#### [WHAT THE TASK REQUIRES]
For the records below, count the lines containing the word "lost" and reply with the number alone.
- Opening Delimiter -
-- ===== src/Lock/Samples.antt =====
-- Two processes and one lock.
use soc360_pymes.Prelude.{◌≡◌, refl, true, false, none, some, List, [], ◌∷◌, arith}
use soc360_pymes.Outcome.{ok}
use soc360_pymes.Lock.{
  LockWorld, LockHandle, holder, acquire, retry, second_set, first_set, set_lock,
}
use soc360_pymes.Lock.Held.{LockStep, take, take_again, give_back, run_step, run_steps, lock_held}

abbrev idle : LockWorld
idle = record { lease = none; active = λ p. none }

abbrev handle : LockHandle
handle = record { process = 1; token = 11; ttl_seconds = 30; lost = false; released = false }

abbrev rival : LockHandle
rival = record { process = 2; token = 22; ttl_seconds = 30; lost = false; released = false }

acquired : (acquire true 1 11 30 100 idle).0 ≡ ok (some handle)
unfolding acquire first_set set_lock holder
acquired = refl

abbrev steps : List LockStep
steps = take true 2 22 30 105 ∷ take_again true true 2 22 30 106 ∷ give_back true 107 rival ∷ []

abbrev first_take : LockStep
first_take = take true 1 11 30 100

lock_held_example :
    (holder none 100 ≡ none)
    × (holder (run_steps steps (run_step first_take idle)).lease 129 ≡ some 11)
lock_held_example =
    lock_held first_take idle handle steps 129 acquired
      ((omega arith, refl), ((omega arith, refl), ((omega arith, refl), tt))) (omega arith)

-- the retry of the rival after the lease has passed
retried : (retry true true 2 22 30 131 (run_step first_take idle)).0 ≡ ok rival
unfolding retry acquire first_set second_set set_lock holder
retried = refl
- Closing Delimiter -
#### [EXERCISE OUTPUT]
2